(DATA FOR THIS TASK)
-- ===== src/Rmt/Access/Session/Errors.antt =====
-- Sessions that fail: a request with nothing in it, and a database that changes.
use fw.Base.{ℕ, ◌≡◌, ◌≢◌, refl, ◌∙◌, Bool, true, false, none, some, List, [], ◌∷◌, arith, ◌==◌}
use mathlib.Core.Path.{ap}
use fw.Sys.Mbox.{Memory, total_length, copy_parts, mbox_vdepositv, mbox_retrieve, mbox_deposit}
use fw.Rmt.{RmtState, rmt_response, rmt_arrival, rmt_request, after_request, reset_state}
use fw.Rmt.Access.{
  Access, Ui, rdop_ls, poll_res, poll_idle, check_generation, rmt_db_poll, poll_state, RdbState,
  db_changed,
}
use fw.Rmt.Access.Session.{
  sent, polled, box, link, access, rmt_responsev-link, rmt_responsev-full, sent, polled, Answers,
  Answers-end, Answers-poll,
}
use fw.Db.Field.{Field}
use fw.Db.Entry.{Db}
use fw.Rmt.Access.Session.Request.{sent-some}

module _ (u : Ui) {S : Type 0} (behind : List ℕ) (d : Db S) where
  null_step :
      (b : Bool) (mem : Memory)
      → rmt_arrival (link RmtState.idle b mem none) false []
        ≡ some (true, record (link RmtState.idle b mem none) { inbox = box (some 0) })
  unfolding rmt_arrival reset_state mbox_deposit mbox_vdepositv total_length copy_parts
  null_step b mem = refl

  null_polls :
      (x : Access) (b : Bool) (mem : Memory) (s : u.State)
      → x.state ≡ RdbState.idle
      → x.async_reset ≡ false
      → polled u behind d (
          polled u behind d
            (some (x, record (link RmtState.idle b mem none) { inbox = box (some 0) }, s)))
        ≡ none
  unfolding rmt_db_poll poll_state poll_idle rmt_request mbox_retrieve after_request
  null_polls x b mem s e h = rw (h, e) refl

  -- A request that consists of the empty block only makes the device fail an assertion in the second
  -- poll after its arrival.
  pub null_request-fails :
      (x : Access) (b : Bool) (mem : Memory) (s : u.State)
      → x.state ≡ RdbState.idle
      → x.async_reset ≡ false
      → polled u behind d
          (polled u behind d (sent u behind d [] (some (x, link RmtState.idle b mem none, s))))
        ≡ none
  null_request-fails x b mem s e h =
      ap (λ t. polled u behind d (polled u behind d t))
        (sent-some u behind d x _ _ s [] (null_step b mem))
      ∙ null_polls x b mem s e h

  poll-changed :
      (g a : ℕ) (rest : List ℕ) (f : List Field) (b : Bool) (mem : Memory) (s : u.State)
      → g ≢ d.generation
      → rmt_db_poll u behind d
          (access RdbState.res rdop_ls g (a ∷ rest) f)
          (link RmtState.res b mem none)
          s
        ≡ some (
          access RdbState.end rdop_ls g (a ∷ rest) f,
          link RmtState.res b
              (copy_parts mem 0 (db_changed ∷ []))
              (some (total_length (db_changed ∷ []))),
          s,
        )
  unfolding rmt_db_poll poll_state poll_res check_generation rmt_response total_length
  poll-changed g a [] f b mem s n =
      let ne : (g == d.generation) ≡ false = ground (arith, n) in
      rw (ne, rmt_responsev-link b mem (db_changed ∷ []) (omega arith), rmt_responsev-full) refl
  poll-changed g a (c ∷ rest) f b mem s n =
      let ne : (g == d.generation) ≡ false = ground (arith, n) in
      rw (ne, rmt_responsev-link b mem (db_changed ∷ []) (omega arith), rmt_responsev-full) refl

  -- When the database has changed since the request for the list of accounts, and names are left to
  -- send, the host gets, in place of all of them, the error without its last letter and the empty
  -- block, after which both sides are idle.
  pub rmt_db_poll-changed :
      (g a : ℕ) (rest : List ℕ) (f : List Field) (b : Bool) (mem : Memory) (s : u.State)
      → g ≢ d.generation
      → Answers u behind d 2
          (access RdbState.res rdop_ls g (a ∷ rest) f)
          b
          mem
          s
          (db_changed ∷ [] ∷ [])
          (access RdbState.idle rdop_ls g (a ∷ rest) f)
  unfolding total_length
  rmt_db_poll-changed g a rest f b mem s n =
      Answers-poll u behind d 1 _ _ _ b mem s (db_changed ∷ []) ([] ∷ []) (omega arith)
        (poll-changed g a rest f b mem s n)
        (Answers-end u behind d rdop_ls g (a ∷ rest) f b (copy_parts mem 0 (db_changed ∷ [])) s)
(End DATA FOR THIS TASK)
#### WORK TASK:
Every line of the listing should be printed again exactly.

#### ANSWER BELOW:
-- ===== src/Rmt/Access/Session/Errors.antt =====
-- Sessions that fail: a request with nothing in it, and a database that changes.
use fw.Base.{ℕ, ◌≡◌, ◌≢◌, refl, ◌∙◌, Bool, true, false, none, some, List, [], ◌∷◌, arith, ◌==◌}
use mathlib.Core.Path.{ap}
use fw.Sys.Mbox.{Memory, total_length, copy_parts, mbox_vdepositv, mbox_retrieve, mbox_deposit}
use fw.Rmt.{RmtState, rmt_response, rmt_arrival, rmt_request, after_request, reset_state}
use fw.Rmt.Access.{
  Access, Ui, rdop_ls, poll_res, poll_idle, check_generation, rmt_db_poll, poll_state, RdbState,
  db_changed,
}
use fw.Rmt.Access.Session.{
  sent, polled, box, link, access, rmt_responsev-link, rmt_responsev-full, sent, polled, Answers,
  Answers-end, Answers-poll,
}
use fw.Db.Field.{Field}
use fw.Db.Entry.{Db}
use fw.Rmt.Access.Session.Request.{sent-some}

module _ (u : Ui) {S : Type 0} (behind : List ℕ) (d : Db S) where
  null_step :
      (b : Bool) (mem : Memory)
      → rmt_arrival (link RmtState.idle b mem none) false []
        ≡ some (true, record (link RmtState.idle b mem none) { inbox = box (some 0) })
  unfolding rmt_arrival reset_state mbox_deposit mbox_vdepositv total_length copy_parts
  null_step b mem = refl

  null_polls :
      (x : Access) (b : Bool) (mem : Memory) (s : u.State)
      → x.state ≡ RdbState.idle
      → x.async_reset ≡ false
      → polled u behind d (
          polled u behind d
            (some (x, record (link RmtState.idle b mem none) { inbox = box (some 0) }, s)))
        ≡ none
  unfolding rmt_db_poll poll_state poll_idle rmt_request mbox_retrieve after_request
  null_polls x b mem s e h = rw (h, e) refl

  -- A request that consists of the empty block only makes the device fail an assertion in the second
  -- poll after its arrival.
  pub null_request-fails :
      (x : Access) (b : Bool) (mem : Memory) (s : u.State)
      → x.state ≡ RdbState.idle
      → x.async_reset ≡ false
      → polled u behind d
          (polled u behind d (sent u behind d [] (some (x, link RmtState.idle b mem none, s))))
        ≡ none
  null_request-fails x b mem s e h =
      ap (λ t. polled u behind d (polled u behind d t))
        (sent-some u behind d x _ _ s [] (null_step b mem))
      ∙ null_polls x b mem s e h

  poll-changed :
      (g a : ℕ) (rest : List ℕ) (f : List Field) (b : Bool) (mem : Memory) (s : u.State)
      → g ≢ d.generation
      → rmt_db_poll u behind d
          (access RdbState.res rdop_ls g (a ∷ rest) f)
          (link RmtState.res b mem none)
          s
        ≡ some (
          access RdbState.end rdop_ls g (a ∷ rest) f,
          link RmtState.res b
              (copy_parts mem 0 (db_changed ∷ []))
              (some (total_length (db_changed ∷ []))),
          s,
        )
  unfolding rmt_db_poll poll_state poll_res check_generation rmt_response total_length
  poll-changed g a [] f b mem s n =
      let ne : (g == d.generation) ≡ false = ground (arith, n) in
      rw (ne, rmt_responsev-link b mem (db_changed ∷ []) (omega arith), rmt_responsev-full) refl
  poll-changed g a (c ∷ rest) f b mem s n =
      let ne : (g == d.generation) ≡ false = ground (arith, n) in
      rw (ne, rmt_responsev-link b mem (db_changed ∷ []) (omega arith), rmt_responsev-full) refl

  -- When the database has changed since the request for the list of accounts, and names are left to
  -- send, the host gets, in place of all of them, the error without its last letter and the empty
  -- block, after which both sides are idle.
  pub rmt_db_poll-changed :
      (g a : ℕ) (rest : List ℕ) (f : List Field) (b : Bool) (mem : Memory) (s : u.State)
      → g ≢ d.generation
      → Answers u behind d 2
          (access RdbState.res rdop_ls g (a ∷ rest) f)
          b
          mem
          s
          (db_changed ∷ [] ∷ [])
          (access RdbState.idle rdop_ls g (a ∷ rest) f)
  unfolding total_length
  rmt_db_poll-changed g a rest f b mem s n =
      Answers-poll u behind d 1 _ _ _ b mem s (db_changed ∷ []) ([] ∷ []) (omega arith)
        (poll-changed g a rest f b mem s n)
        (Answers-end u behind d rdop_ls g (a ∷ rest) f b (copy_parts mem 0 (db_changed ∷ [])) s)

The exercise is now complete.